Our Tony's been on his jollies...
Lakeside in Hangzhou is like heaven on earth, or so I was told. Certainly, the West Lake and surrounding hills attract visitors from all over China. There's not a seat to spare on the fast train from Beijing to Hangzhou (average speed 300k), which covers the thousand or so miles in five easy hours. 'Take your time' over loose China tea, speeding south through fields of maize and spreading wetlands, across the mighty Yangtze River at Nanjing. China knows how to build a railway, and the stations to go with it. Not one to miss a photo op, LeftLion put on a bit of a show in the vast station concourse at destination Hangzhou.
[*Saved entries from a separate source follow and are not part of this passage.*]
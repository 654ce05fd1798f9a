-- ===== src/Base/Xor.antt =====
-- The laws of `^` on the native numbers: an abelian group that shifts distribute over.
use Prim.Native.Nat.{bit_xor-bitwise, differ}
use Prim.Native.Nat.{ℕ, zero, suc, ◌+◌, ◌*◌, ◌/◌, ◌%◌, ◌^◌, ◌≤◌, ◌<◌, bit_xor}
use mathlib.Core.Path.{◌≡◌, refl, ap, ap₂, sym, ◌∙◌}
use mathlib.Core.Logic.{◌⊎◌, inl, inr}
use native.Mathlib.Nat.{pow-suc, div-one, div-div-eq-div-mul}
use native.Mathlib.Omega.{arith}
use storage_engine.Base.Bits.{bitwise-suc}

pub zero-xor : (b : ℕ) → bit_xor 0 b ≡ b
zero-xor b = bit_xor-bitwise 0 b

pub xor_step : (a b : ℕ) → bit_xor a b ≡ bit_xor (a / 2) (b / 2) * 2 + differ (a % 2) (b % 2)
xor_step zero b = bit_xor-bitwise 0 b ∙ omega (arith, bit_xor-bitwise 0 (b / 2))
xor_step (suc a) b =
    bit_xor-bitwise (suc a) b
    ∙ bitwise-suc (λ t. t) differ a b
    ∙ ap (λ (t : ℕ). t * 2 + differ (suc a % 2) (b % 2)) (sym (bit_xor-bitwise (suc a / 2) (b / 2)))

bit_cases : (a : ℕ) → (a % 2 ≡ 0) ⊎ (a % 2 ≡ 1)
bit_cases a = omega arith

-- The lowest digit of an exclusive or is the sum without carry.
differ_bits : (a b : ℕ) → differ (a % 2) (b % 2) ≡ (a + b) % 2
differ_bits a b = elim (bit_cases a) [
  | inl p ↦ rw p (omega arith)
  | inr p ↦ elim (bit_cases b) [ inl q ↦ rw (p, q) (omega arith) | inr q ↦ rw (p, q) (omega arith) ]
]

pub xor_digit : (a b : ℕ) → bit_xor a b ≡ bit_xor (a / 2) (b / 2) * 2 + (a + b) % 2
xor_digit a b = omega (arith, xor_step a b, differ_bits a b)

pub xor_half : (a b : ℕ) → bit_xor a b / 2 ≡ bit_xor (a / 2) (b / 2)
xor_half a b = omega (arith, xor_digit a b)

pub xor_low : (a b : ℕ) → bit_xor a b % 2 ≡ (a + b) % 2
xor_low a b = omega (arith, xor_digit a b)

xor_comm_fuel : (n a b : ℕ) → a + b ≤ n → bit_xor a b ≡ bit_xor b a
xor_comm_fuel zero zero zero h = refl
xor_comm_fuel zero (suc a) b h = absurd (omega arith)
xor_comm_fuel zero zero (suc b) h = absurd (omega arith)
xor_comm_fuel (suc n) zero zero h = refl
xor_comm_fuel (suc n) zero (suc b) h = omega (
  arith,
  xor_digit 0 (suc b),
  xor_digit (suc b) 0,
  xor_comm_fuel n (0 / 2) (suc b / 2) (omega arith),
)
xor_comm_fuel (suc n) (suc a) b h = omega (
  arith,
  xor_digit (suc a) b,
  xor_digit b (suc a),
  xor_comm_fuel n (suc a / 2) (b / 2) (omega arith),
)

pub xor_comm : (a b : ℕ) → bit_xor a b ≡ bit_xor b a
xor_comm a b = xor_comm_fuel (a + b) a b (omega arith)

pub xor-zero : (a : ℕ) → bit_xor a 0 ≡ a
xor-zero a = xor_comm a 0 ∙ zero-xor a

xor_assoc_fuel : (n a b c : ℕ) → a ≤ n → bit_xor (bit_xor a b) c ≡ bit_xor a (bit_xor b c)
xor_assoc_fuel n zero b c h = rw (zero-xor b) (sym (zero-xor (bit_xor b c)))
xor_assoc_fuel zero (suc a) b c h = absurd (omega arith)
xor_assoc_fuel (suc n) (suc a) b c h = omega (
  arith,
  xor_digit (bit_xor (suc a) b) c,
  xor_digit (suc a) (bit_xor b c),
  ap (λ (t : ℕ). bit_xor t (c / 2)) (xor_half (suc a) b),
  ap (bit_xor (suc a / 2)) (xor_half b c),
  xor_low (suc a) b,
  xor_low b c,
  xor_assoc_fuel n (suc a / 2) (b / 2) (c / 2) (omega arith),
)

pub xor_assoc : (a b c : ℕ) → bit_xor (bit_xor a b) c ≡ bit_xor a (bit_xor b c)
xor_assoc a b c = xor_assoc_fuel a a b c (omega arith)

xor_self_fuel : (n a : ℕ) → a ≤ n → bit_xor a a ≡ 0
xor_self_fuel n zero h = refl
xor_self_fuel zero (suc a) h = absurd (omega arith)
xor_self_fuel (suc n) (suc a) h =
    omega (arith, xor_digit (suc a) (suc a), xor_self_fuel n (suc a / 2) (omega arith))

pub xor_self : (a : ℕ) → bit_xor a a ≡ 0
xor_self a = xor_self_fuel a a (omega arith)

-- Two operands change places across a third.
pub xor_exchange :
    (a b c d : ℕ) → bit_xor (bit_xor a b) (bit_xor c d) ≡ bit_xor (bit_xor a c) (bit_xor b d)
xor_exchange a b c d =
    xor_assoc a b (bit_xor c d)
    ∙ ap (bit_xor a)
        (sym (xor_assoc b c d) ∙ ap (λ (t : ℕ). bit_xor t d) (xor_comm b c) ∙ xor_assoc c b d)
    ∙ sym (xor_assoc a c (bit_xor b d))

-- Exclusive or of disjoint fields is a sum.
pub xor_high : (k x q : ℕ) → x < 2 ^ k → bit_xor x (q * 2 ^ k) ≡ x + q * 2 ^ k
xor_high zero x q h = let e : x ≡ 0 = omega arith in rw e (zero-xor (q * 1) ∙ omega arith)
xor_high (suc k) x q h = omega (
  arith,
  xor_digit x (q * 2 ^ suc k),
  ap (bit_xor (x / 2)) half_high,
  ap (λ (t : ℕ). q * t) (pow-suc 2 k),
  xor_high k (x / 2) q (omega (arith, pow-suc 2 k)),
)
  where
    half_high : q * 2 ^ suc k / 2 ≡ q * 2 ^ k
    half_high = omega (arith, ap (λ (t : ℕ). q * t) (pow-suc 2 k))

half-shift : (k a : ℕ) → a / 2 ^ suc k ≡ a / 2 / 2 ^ k
half-shift k a =
    ap (λ (t : ℕ). a / t) (omega (arith, pow-suc 2 k)) ∙ sym (div-div-eq-div-mul a 2 (2 ^ k))

-- Shifting right distributes, at every amount.
pub xor_shift : (k a b : ℕ) → bit_xor a b / 2 ^ k ≡ bit_xor (a / 2 ^ k) (b / 2 ^ k)
xor_shift zero a b =
    div-one (bit_xor a b) ∙ sym (ap₂ (λ (s t : ℕ). bit_xor s t) (div-one a) (div-one b))
xor_shift (suc k) a b =
    rw (half-shift k (bit_xor a b), half-shift k a, half-shift k b, xor_half a b)
      (xor_shift k (a / 2) (b / 2))

-- Bits above both operands stay clear.
pub xor-lt : (k a b : ℕ) → a < 2 ^ k → b < 2 ^ k → bit_xor a b < 2 ^ k
xor-lt zero a b ha hb =
    let ea : a ≡ 0 = omega arith in let eb : b ≡ 0 = omega arith in rw (ea, eb) (omega arith)
xor-lt (suc k) a b ha hb = omega (
  arith,
  xor_digit a b,
  pow-suc 2 k,
  xor-lt k (a / 2) (b / 2) (omega (arith, pow-suc 2 k)) (omega (arith, pow-suc 2 k)),
)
This autumn, Lakeside Nottingham proclaims its thriving China connections across the big glass windows. Striking red characters announce New China/New Art, a show which brings together a dozen or so contemporary videos from Hangzhou and Shanghai, the better-known neighbouring city on China's south coast. (Ningbo, Nottingham Uni's footprint in China, is not so far away.) These are vast cities; Hangzhou's population reaches around 9m, while Shanghai weighs in at 20m. Nottingham, by contrast, is a congenial and compact university town, in the opinions of some from China who recently studied here, and all the better for that.
image: Lakeside Arts Centre
The show at Lakeside Nottingham offers an unusual opportunity to prepare for my own brief visit to Hangzhou. Entering through heavy black curtains, it takes a while to adjust to the darkness. Flickering screens work in turn, casting a little light as they tell differing stories. Dancing Queen (aka Dancing King) by Double Fly has workers in hair salons going through their moves in the street, attracting the attention of passers-by. I saw something similar near the East Church in Beijing, one warm September evening. People simply joined in.
There's a knack to effective video installation, which Nottingham Contemporary has perfected over recent years. At Lakeside in 2012, Saturday Night and Sunday Morning, Karel Reisz's stunning film of Alan Sillitoe's pacey novel of Nottingham life circa 1960, worked well in Lakeside's memorable show of the same name. This time, the excursion in video is much more ambitious.
In Gallery 2, Roaming, Existence, Love has four women and a boat negotiating quiet passage through a rainy, urban riverscape. The seven-minute video is by Mujin, who was born in Inner Mongolia in 1982. Weeping willows steal the show.
In Gallery 3, I went for Picnic, made by Chen Tianzhou in 2014. Pleasantly psychedelic, this one didn’t seem to go anywhere in particular during its eight or so minutes, striking though the images are.
Curators Lynne Howarth-Gladston and Paul Gladston tell us the exhibition “offers rare insights into a ‘cool’ urban cultural scene still largely unknown outside China”. My first impressions of China, after a week spent in Beijing and Hangzhou, are that almost every one focuses on their screen, often for photography, when not cycling or dancing in the street.
As the curators say, “Hangzhou is strongly associated with traditional Chinese literati culture and is home to the China Academy of Fine Art ... a focus for progressive art education in China since 1928.” That was a few years after Bertrand Russell visited for a few days in 1920, to see the West Lake, now recognised by UNESCO as a World Heritage Site which has influenced landscape gardening in Japan, Korea, and further afield. As a souvenir of his visit, Russell had a silk embroidery of Viewing Fish at Flower Pool, as the Chinese characters denote the spot. That thread guided me to Hangzhou to probe Russell’s enduring influence in China.
Shanghai awaits another visit. Meanwhile, I can take the Beeston tram from Old Basford and drop into Nottingham Lakeside to immerse myself any time in ‘cool’ China. I recommend a dip.
New China/New Art runs at Lakeside Arts Centre until Sunday 1 November. They’re closed on Mondays though duck.